What does not survive
The double descent result was sometimes read as implying that the bias-variance tradeoff is simply wrong, or that overfitting does not exist. Neither conclusion follows. Overfitting absolutely exists; we can see it in any small-data setting where the model is allowed to memorize. The correct reading is narrower. Above the interpolation threshold, in the presence of implicit regularization, larger models generalize better, not worse. This is a statement about a specific regime, not a universal one, and the counterexamples are easy to construct if we look outside that regime.
The other thing that does not cleanly survive is the story that the peak is always at the interpolation threshold. In practice, the location of the peak depends on the effective parameter count under the network’s implicit regularization, not the raw parameter count. This is why the peak in Nakkiran’s ResNet experiments does not sit exactly at the width where training error first hits zero. It sits slightly past it, at the width where the network can memorize the noisy labels without disturbing the signal. That is a finer statement and it is the one I think actually matches the evidence.
References
- [1] M. Belkin, D. Hsu, S. Ma, and S. Mandal. Reconciling modern machine learning practice and the bias-variance trade-off. arxiv 1812.11118, 2018.
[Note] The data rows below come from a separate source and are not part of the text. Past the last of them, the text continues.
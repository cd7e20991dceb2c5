-- ===== src/Config/Startup.antt =====
-- Settings that were let through, and the startup of main.py.
use Prim.Native.String.{count}
use lehen.Prelude.{
  String, true, some, ◌≡◌, refl, ap, arith, eqb, ◌==◌, inl, inr, Bool-cases, Option-cases,
}
use mathlib.Core.Bool.{false≢true}
use lehen.Prelude.Effects.{Result, ok, err, is_ok, Result-cases}
use lehen.Hub.{Bytes, Host}
use lehen.Crypto.Envelope.{key_len}
use lehen.Crypto.Keys.{decode_master_key, decode_audit_pepper}
use lehen.Auth.Providers.{
  Provider, ProviderSettings, selected_provider_is_configured,
  build_identity_provider_from_settings,
}
use lehen.Config.Settings.{
  Settings, validate_url_safe_b64_32_bytes, validate_optional_url_safe_b64_32_bytes, is_selector,
  made_some, ok_and, validated, get_master_key_bytes, get_audit_pepper_bytes,
}

ok_and-split :
    {A B : Type 0} (a : Result A) (b : Result B)
    → is_ok (ok_and a b) ≡ true
    → (is_ok a ≡ true) × (is_ok b ≡ true)
ok_and-split (ok a) b h = (refl, h)
ok_and-split (err e) b h = absurd (false≢true h)

-- A text that the validator lets through decodes to 32 bytes.
validated_key :
    (host : Host) (value : String)
    → is_ok (made_some (validate_url_safe_b64_32_bytes host value)) ≡ true
    → (key : Bytes) × (host.b64_decode value ≡ some key) × (count key ≡ key_len)
unfolding validate_url_safe_b64_32_bytes
validated_key host value h = elim (Option-cases (host.b64_decode value)) [
  | inl malformed ↦ absurd (false≢true (rw malformed at h))
  | inr (key, decoded) ↦ elim (Bool-cases (eqb (count key) key_len)) [
    | inl right ↦ (key, decoded, ground (arith, right))
    | inr wrong ↦ absurd (false≢true (rw (decoded, wrong) at h))
  ]
]

selected_provider_builds :
    (s : ProviderSettings)
    → is_selector s.identity_provider ≡ true
    → is_ok (selected_provider_is_configured s) ≡ true
    → (p : Provider) × (build_identity_provider_from_settings s.keycloak_settings s.entra_settings
          s.identity_provider
        ≡ ok p)
unfolding selected_provider_is_configured build_identity_provider_from_settings
selected_provider_builds s known h = elim (Bool-cases (s.identity_provider == "keycloak")) [
  | inl k ↦ elim (Option-cases s.keycloak_settings) [
    | inl missing ↦ absurd (false≢true (rw (k, missing) at h))
    | inr (settings, there) ↦ (Provider.keycloak settings, rw (k, there) refl)
  ]
  | inr other ↦
      let e : (s.identity_provider == "entra") ≡ true = ground (arith, known, other) in
      elim (Option-cases s.entra_settings) [
        | inl missing ↦ absurd (false≢true (rw (other, e, missing) at h))
        | inr (settings, there) ↦ (Provider.entra settings, rw (other, e, there) refl)
      ]
]

-- Settings that pydantic lets through give a master key and a pepper of 32 bytes, which the decoders
-- of crypto accept too, and an identity provider.
pub validated_starts :
    (host : Host) (s : Settings)
    → is_ok (validated host s) ≡ true
    → (key : Bytes) × (pepper : Bytes) × (provider : Provider) × (get_master_key_bytes host s
        ≡ some key)
      × (count key ≡ key_len)
      × (decode_master_key host s.master_key ≡ ok key)
      × (get_audit_pepper_bytes host s ≡ some pepper)
      × (count pepper ≡ key_len)
      × (decode_audit_pepper host s.audit_pepper ≡ ok pepper)
      × (build_identity_provider_from_settings s.provider.keycloak_settings
            s.provider.entra_settings s.provider.identity_provider
          ≡ ok provider)
unfolding validated get_master_key_bytes get_audit_pepper_bytes decode_master_key
    decode_audit_pepper
validated_starts host s h =
    let (m, h1) = ok_and-split (made_some (validate_url_safe_b64_32_bytes host s.master_key)) _ h in
    let (a, h2) =
      ok_and-split (made_some (validate_url_safe_b64_32_bytes host s.audit_pepper)) _ h1 in
    let (_, h3) = ok_and-split (validate_optional_url_safe_b64_32_bytes host s.signing_key) _ h2 in
    let (key, decoded, right) = validated_key host s.master_key m in
    let (pepper, read, sized) = validated_key host s.audit_pepper a in
    elim (Bool-cases (is_selector s.provider.identity_provider)) [
      | inr unknown ↦ absurd (false≢true (rw unknown at h3))
      | inl known ↦ elim (Result-cases (selected_provider_is_configured s.provider)) [
        | inr (e, refused) ↦ absurd (false≢true (rw (known, refused) at h3))
        | inl (p, chosen) ↦
            let (provider, built) = selected_provider_builds s.provider known (ap is_ok chosen) in
            (
              key,
              pepper,
              provider,
              decoded,
              right,
              rw (decoded, right) refl,
              read,
              sized,
              rw (read, sized) refl,
              built,
            )
      ]
    ]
- [2] P. Nakkiran, G. Kaplun, Y. Bansal, T. Yang, B. Barak, and I. Sutskever. Deep double descent: Where bigger models and more data hurt. arxiv 1912.02292, 2019.
- [3] J. Kaplan, S. McCandlish, T. Henighan, T. B. Brown, B. Chess, R. Child, S. Gray, A. Radford, J. Wu, and D. Amodei. Scaling laws for neural language models. arxiv 2001.08361, 2020.
- [4] T. Hastie, A. Montanari, S. Rosset, and R. J. Tibshirani. Surprises in high-dimensional ridgeless least squares interpolation. arxiv 1903.08560, 2019.
- [5] S. d’Ascoli, M. Refinetti, G. Biroli, and F. Krzakala. Double trouble in double descent: Bias and variance(s) in the lazy regime. arxiv 2003.01054, 2020.
- [6] P. Nakkiran, P. Venkat, S. Kakade, and T. Ma. Optimal regularization can mitigate double descent. arxiv 2002.11328, 2020.
- [7] G. Yang, E. J. Hu, I. Babuschkin, S. Sidor, D. Farhi, J. Pachocki, X. Liu, W. Ryan, and J. Gao. Tensor programs V: Tuning large neural networks via zero-shot hyperparameter transfer. arxiv 2203.03466, 2022.